- Born: 11 February 1974 (age 52) Tirana, Albania
- Occupations: Journalist; television presenter; voice actor;
- Years active: 2000s–present
- Spouse: Ada Kasneci ​(m. 2014)​
- Children: 1

= Saimir Kodra =

Albanian journalist and television presenter (born 1974)

Saimir Kodra (born 11 February 1974) is an Albanian journalist, television presenter and former voice actor. He has hosted the investigative television program Fiks Fare on Top Channel and later Stop on TV Klan.

== Early life and voice acting ==
Kodra was born in Tirana, Albania.
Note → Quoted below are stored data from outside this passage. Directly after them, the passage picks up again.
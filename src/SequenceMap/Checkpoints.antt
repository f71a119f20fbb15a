-- ===== src/SequenceMap/Checkpoints.antt =====
-- Source/CBLSequenceMap.m: the map against the list of all values ever added.
use mathlib.Core.Path.{subst}
use couchbase_lite_ios.Base.{
  ℕ, zero, suc, ◌+◌, ◌-◌, ◌≤◌, ◌<◌, ◌≡◌, refl, sym, ap, ◌∙◌, ◌⊎◌, inl, inr, false, Option, none,
  some, List, [], ◌∷◌, ◌++◌, ltb, leb, ◌==◌, if◌then◌else◌, length, length-append, drop, get_elem?,
  arith, Bool-cases, Option-cases,
}
use couchbase_lite_ios.SequenceMap.{
  has_index, add_index, remove_index, first_index, SequenceMap, init, add_value, remove_sequence,
  checkpoint, checkpointed_sequence, checkpointed_value,
}
use couchbase_lite_ios.Storage.Rows.{In}

add_index-In : (n k : ℕ) (xs : List ℕ) → In k (add_index n xs) → (k ≡ n) ⊎ In k xs
unfolding add_index
add_index-In n k xs h = elim (Bool-cases (has_index n xs)) [
  | inl there ↦ inr (rw (add_index, there) at h)
  | inr added ↦ rw (add_index, added) at h
]

remove_index-In : (n k : ℕ) (xs : List ℕ) → In k (remove_index n xs) → In k xs
unfolding remove_index
remove_index-In n k [] h = h
remove_index-In n k (x ∷ xs) h = elim (Bool-cases (n == x)) [
  | inl same ↦ inr (remove_index-In n k xs (rw same at h))
  | inr other ↦ elim (rw other at h) [
    | inl e ↦ inl e
    | inr later ↦ inr (remove_index-In n k xs later)
  ]
]

first_index-In : (xs : List ℕ) (k : ℕ) → first_index xs ≡ some k → In k xs
unfolding first_index
first_index-In [] k e = cc
first_index-In (x ∷ xs) k e = elim (Option-cases (first_index xs)) [
  | inl nothing ↦ inl (cc (rw (first_index, nothing) at e))
  | inr (y, found) ↦ elim (Bool-cases (leb x y)) [
    | inl le ↦ inl (ground (arith, rw (first_index, found) at e))
    | inr gt ↦ inr (first_index-In xs k (found ∙ ground (arith, rw (first_index, found) at e)))
  ]
]

suc-add : (n m : ℕ) → suc (n + m) ≡ suc n + m
suc-add n m = omega arith

drop-nil : {A : Type 0} (n : ℕ) → drop {A = A} n [] ≡ []
drop-nil zero = refl
drop-nil (suc n) = refl

drop-drop : {A : Type 0} (m n : ℕ) (xs : List A) → drop m (drop n xs) ≡ drop (n + m) xs
drop-drop m zero xs = ap (λ k. drop k xs) (omega arith)
drop-drop m (suc n) [] = drop-nil m ∙ sym (drop-nil (suc n + m))
drop-drop m (suc n) (x ∷ xs) = drop-drop m n xs ∙ ap (λ k. drop k (x ∷ xs)) (suc-add n m)

drop-append :
    {A : Type 0} (n : ℕ) (xs ys : List A) → n ≤ length xs → drop n (xs ++ ys) ≡ drop n xs ++ ys
drop-append zero xs ys h = refl
drop-append (suc n) [] ys h = absurd (omega arith)
drop-append (suc n) (x ∷ xs) ys h = drop-append n xs ys (omega arith)

get_elem?-drop :
    {A : Type 0} (n k : ℕ) (xs : List A) → get_elem? (drop n xs) k ≡ get_elem? xs (n + k)
get_elem?-drop zero k xs = ap (get_elem? xs) (omega arith)
get_elem?-drop (suc n) k [] = refl
get_elem?-drop (suc n) k (x ∷ xs) = get_elem?-drop n k xs ∙ ap (get_elem? (x ∷ xs)) (suc-add n k)

-- `log` is the list of all values added so far: the map has the last of them, from that of the
-- checkpoint on at least.
pub record IsMapOf {A : Type 0} (m : SequenceMap A) (log : List A) : Type 0 where
  pub last_is : m.last_sequence ≡ length log
  pub first_pos : 0 < m.first_value_sequence
  pub values_are : m.values ≡ drop (m.first_value_sequence - 1) log
  pub pending : (n : ℕ) → In n m.sequences → (0 < n) × (n ≤ m.last_sequence)
  pub behind :
      (m.first_value_sequence ≡ 1)
      ⊎ (m.first_value_sequence ≤ m.last_sequence)
        × ((n : ℕ) → In n m.sequences → m.first_value_sequence < n)

first-le :
    {A : Type 0} {m : SequenceMap A} {log : List A}
    → IsMapOf m log
    → m.first_value_sequence - 1 ≤ length log
first-le i = elim i.behind [
  | inl one ↦ omega (arith, one)
  | inr (le, _) ↦ omega (arith, le, i.last_is)
]

-- Every value added is in the map's log, under the sequence that `addValue:` returns.
pub add_value-IsMapOf :
    {A : Type 0} (value : A) (m : SequenceMap A) (log : List A)
    → IsMapOf m log
    → IsMapOf (add_value value m).1 (log ++ (value ∷ [])) × ((add_value value m).0 ≡ length log + 1)
unfolding add_value
add_value-IsMapOf value m log i = (
  record {
    last_is = omega (arith, i.last_is, length-append log (value ∷ []));
    first_pos = i.first_pos;
    values_are =
        ap (λ vs. vs ++ (value ∷ [])) i.values_are
        ∙ sym (drop-append (m.first_value_sequence - 1) log (value ∷ []) (first-le i));
    pending = λ n h. elim (add_index-In (m.last_sequence + 1) n m.sequences h) [
      | inl e ↦ omega (arith, e)
      | inr old ↦ omega (arith, i.pending n old)
    ];
    behind = elim i.behind [
      | inl one ↦ inl one
      | inr (le, all) ↦ inr (
        omega (arith, le),
        λ n h. elim (add_index-In (m.last_sequence + 1) n m.sequences h) [
          | inl e ↦ omega (arith, e, le)
          | inr old ↦ all n old
        ],
      )
    ];
  },
  omega (arith, i.last_is),
)

pub remove_sequence-IsMapOf :
    {A : Type 0} (sequence : ℕ) (m : SequenceMap A) (log : List A)
    → IsMapOf m log
    → IsMapOf (remove_sequence sequence m) log
unfolding remove_sequence
remove_sequence-IsMapOf sequence m log i = record {
  last_is = i.last_is;
  first_pos = i.first_pos;
  values_are = i.values_are;
  pending = λ n h. i.pending n (remove_index-In sequence n m.sequences h);
  behind = elim i.behind [
    | inl one ↦ inl one
    | inr (le, all) ↦ inr (le, λ n h. all n (remove_index-In sequence n m.sequences h))
  ];
}

first_index-none : (xs : List ℕ) (n : ℕ) → first_index xs ≡ none → In n xs → ⊥
unfolding first_index
first_index-none [] n e h = h
first_index-none (x ∷ xs) n e h = elim (Option-cases (first_index xs)) [
  | inl nothing ↦ cc (rw (first_index, nothing) at e)
  | inr (y, found) ↦ cc (rw (first_index, found) at e)
]

first_is :
    (x : ℕ) (xs : List ℕ) (k : ℕ) → first_index xs ≡ none → first_index (x ∷ xs) ≡ some k → x ≡ k
unfolding first_index
first_is x xs k nothing e = cc (rw (first_index, nothing) at e)

first_index-le : (xs : List ℕ) (k n : ℕ) → first_index xs ≡ some k → In n xs → k ≤ n
unfolding first_index
first_index-le [] k n e h = absurd h
first_index-le (x ∷ xs) k n e h = elim (Option-cases (first_index xs)) [
  | inl nothing ↦ elim h [
    | inl same ↦ omega (arith, same, first_is x xs k nothing e)
    | inr later ↦ absurd (first_index-none xs n nothing later)
  ]
  | inr (y, found) ↦ elim h [
    | inl same ↦ ground (arith, rw (first_index, found) at e)
    | inr later ↦ ground (arith, rw (first_index, found) at e, first_index-le xs y n found later)
  ]
]

-- What the checkpoint is: all added sequences up to it were removed, and the next one, if there is
-- one, was not.
module _ {A : Type 0} (m : SequenceMap A) (log : List A) (i : IsMapOf m log) where
  checkpoint-lt : (n : ℕ) → In n m.sequences → checkpoint m < n
  checkpoint-lt n h = elim (Option-cases (first_index m.sequences)) [
    | inl nothing ↦ absurd (first_index-none m.sequences n nothing h)
    | inr (k, found) ↦
        rw (checkpoint, found)
          (omega (
            arith,
            first_index-le m.sequences k n found h,
            i.pending k (first_index-In m.sequences k found),
          ))
  ]

  checkpoint-le : checkpoint m ≤ m.last_sequence
  checkpoint-le = elim (Option-cases (first_index m.sequences)) [
    | inl nothing ↦ rw (checkpoint, nothing) (omega arith)
    | inr (k, found) ↦
        rw (checkpoint, found) (omega (arith, i.pending k (first_index-In m.sequences k found)))
  ]

  checkpoint_next : (checkpoint m ≡ m.last_sequence) ⊎ In (checkpoint m + 1) m.sequences
  checkpoint_next = elim (Option-cases (first_index m.sequences)) [
    | inl nothing ↦ inl (rw (checkpoint, nothing) refl)
    | inr (k, found) ↦ inr (
        rw (checkpoint, found)
          (subst (λ n. In n m.sequences)
            (omega (arith, i.pending k (first_index-In m.sequences k found)))
            (first_index-In m.sequences k found)))
  ]

  checkpoint_reached : (m.first_value_sequence ≡ 1) ⊎ (m.first_value_sequence ≤ checkpoint m)
  checkpoint_reached = elim i.behind [
    | inl one ↦ inl one
    | inr (le, all) ↦ elim checkpoint_next [
      | inl at_end ↦ inr (omega (arith, le, at_end))
      | inr next ↦ inr (omega (arith, all (checkpoint m + 1) next))
    ]
  ]

  -- The map after values up to the checkpoint's were dropped.
  collected :
      m.first_value_sequence < checkpoint m
      → IsMapOf
          (record m {
            values = drop (checkpoint m - m.first_value_sequence) m.values;
            first_value_sequence = m.first_value_sequence + (checkpoint m - m.first_value_sequence);
          })
          log
  collected lt = record {
    last_is = i.last_is;
    first_pos = omega (arith, i.first_pos);
    values_are =
        ap (drop (checkpoint m - m.first_value_sequence)) i.values_are
        ∙ drop-drop (checkpoint m - m.first_value_sequence) (m.first_value_sequence - 1) log
        ∙ ap (λ k. drop k log) (omega (arith, i.first_pos, lt));
    pending = i.pending;
    behind = inr (omega (arith, lt, checkpoint-le), λ n h. omega (arith, lt, checkpoint-lt n h));
  }

  pub checkpointed_sequence-IsMapOf : IsMapOf (checkpointed_sequence m).1 log
  unfolding checkpointed_sequence
  checkpointed_sequence-IsMapOf = elim (Bool-cases (ltb m.first_value_sequence (checkpoint m))) [
    | inl more ↦ rw more (collected (ground arith))
    | inr same ↦ rw same i
  ]

  -- In a map of some log, the checkpointed sequence is one that all pending sequences exceed, and
  -- either the last one or the predecessor of a pending one.
  pub checkpointed_sequence_bounds :
      ((n : ℕ) → In n m.sequences → (checkpointed_sequence m).0 < n)
      × (((checkpointed_sequence m).0 ≡ m.last_sequence)
          ⊎ In ((checkpointed_sequence m).0 + 1) m.sequences)
  unfolding checkpointed_sequence
  checkpointed_sequence_bounds = (checkpoint-lt, checkpoint_next)

read-log :
    {A : Type 0} (m : SequenceMap A) (log : List A) (c : ℕ)
    → IsMapOf m log
    → m.first_value_sequence ≤ c
    → get_elem? m.values (c - m.first_value_sequence) ≡ get_elem? log (c - 1)
read-log m log c i le =
    ap (λ vs. get_elem? vs (c - m.first_value_sequence)) i.values_are
    ∙ get_elem?-drop (m.first_value_sequence - 1) (c - m.first_value_sequence) log
    ∙ ap (get_elem? log) (omega (arith, i.first_pos, le))

-- The value of the sequence n of a log, none for n = 0.
abbrev pub logged : {A : Type 0} → List A → ℕ → Option A
logged log zero = none
logged log (suc n) = get_elem? log n

logged_pos : {A : Type 0} (log : List A) (n : ℕ) → 0 < n → get_elem? log (n - 1) ≡ logged log n
logged_pos log zero h = absurd (omega arith)
logged_pos log (suc n) h = ap (get_elem? log) (omega arith)

module _ {A : Type 0} (m : SequenceMap A) (log : List A) (i : IsMapOf m log) where
  read_or_nil :
      (m' : SequenceMap A)
      → IsMapOf m' log
      → (m'.first_value_sequence ≡ 1) ⊎ (m'.first_value_sequence ≤ checkpoint m)
      → (if leb m'.first_value_sequence (checkpoint m)
          then get_elem? m'.values (checkpoint m - m'.first_value_sequence)
          else none)
        ≡ logged log (checkpoint m)
  read_or_nil m' i' reached = elim (Bool-cases (leb m'.first_value_sequence (checkpoint m))) [
    | inl le ↦ rw le (
        read-log m' log (checkpoint m) i' (ground arith)
        ∙ logged_pos log (checkpoint m) (ground (arith, i'.first_pos)))
    | inr gt ↦ rw gt (ap (logged log) (zero_is reached gt))
  ]
    where
      zero_is :
          (m'.first_value_sequence ≡ 1) ⊎ (m'.first_value_sequence ≤ checkpoint m)
          → leb m'.first_value_sequence (checkpoint m) ≡ false
          → 0 ≡ checkpoint m
      zero_is (inl one) gt = ground arith
      zero_is (inr le) gt = ground arith

  -- In a map of a log, the checkpointed value is the one that was added under the checkpointed
  -- sequence, nil if that is 0, and the map is still one of the same log afterwards.
  pub checkpointed_value-logged :
      ((checkpointed_value m).0 ≡ logged log (checkpointed_sequence m).0)
      × IsMapOf (checkpointed_value m).1 log
  unfolding checkpointed_value checkpointed_sequence
  checkpointed_value-logged = (
    elim (Bool-cases (ltb m.first_value_sequence (checkpoint m))) [
      | inl more ↦ rw more (read_or_nil _ (collected m log i (ground arith)) (inr (ground arith)))
      | inr same ↦ rw same (read_or_nil m i (checkpoint_reached m log i))
    ],
    checkpointed_sequence-IsMapOf m log i,
  )

init-IsMapOf : {A : Type 0} → IsMapOf {A = A} init []
unfolding init
init-IsMapOf = record {
  last_is = refl;
  first_pos = omega arith;
  values_are = refl;
  pending = λ n h. absurd h;
  behind = inl refl;
}

-- The maps that the operations reach, each with the list of the values added.
pub data Reached {A : Type 0} : SequenceMap A → List A → Type 0 where
  started : Reached init []
  added :
      {m : SequenceMap A} {log : List A} (value : A)
      → Reached m log
      → Reached (add_value value m).1 (log ++ (value ∷ []))
  removed :
      {m : SequenceMap A} {log : List A} (n : ℕ) → Reached m log → Reached (remove_sequence n m) log
  asked : {m : SequenceMap A} {log : List A} → Reached m log → Reached (checkpointed_value m).1 log

-- Every sequence of operations leaves a map whose values are the log from the first value's
-- sequence on and whose pending sequences are between 1 and the last one. If it collected values,
-- its first value's sequence is at most the last one and below all pending ones.
pub Reached-IsMapOf :
    {A : Type 0} {m : SequenceMap A} {log : List A} → Reached m log → IsMapOf m log
Reached-IsMapOf started = init-IsMapOf
Reached-IsMapOf (added {m} {log} value r) = (add_value-IsMapOf value m log (Reached-IsMapOf r)).0
Reached-IsMapOf (removed {m} {log} n r) = remove_sequence-IsMapOf n m log (Reached-IsMapOf r)
Reached-IsMapOf (asked {m} {log} r) = (checkpointed_value-logged m log (Reached-IsMapOf r)).1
His voice has been used for the Albanian dubbing of several animated characters, including Lumière in Beauty and the Beast, Mushu in Mulan, Jiminy Cricket and the Lamp in Pinocchio, Governor Ratcliffe in Pocahontas, Donkey in Shrek, the Monkey in Shrek Forever After, the Huntsman in Snow White and the Seven Dwarfs, and Timon in The Lion King.

== Television career ==
Kodra worked as a host on the satirical and investigative program Fiks Fare on Top Channel with Gent Pjetri until 2013.
After leaving, he joined Agon Channel, hosting an investigative format titled Ça thu? with Gentian Zenelaj until the channel closed.
He later moved to TV Klan, where he co-hosted the investigative program Stop.

== Political activity ==
In 2007 Kodra ran as a civil society candidate supported by the opposition in partial elections in Pogradec but lost to the candidate Eris Hoxha.

== Personal life ==
He is married to journalist Ada Kasneci, and they have one son, Aleksandër.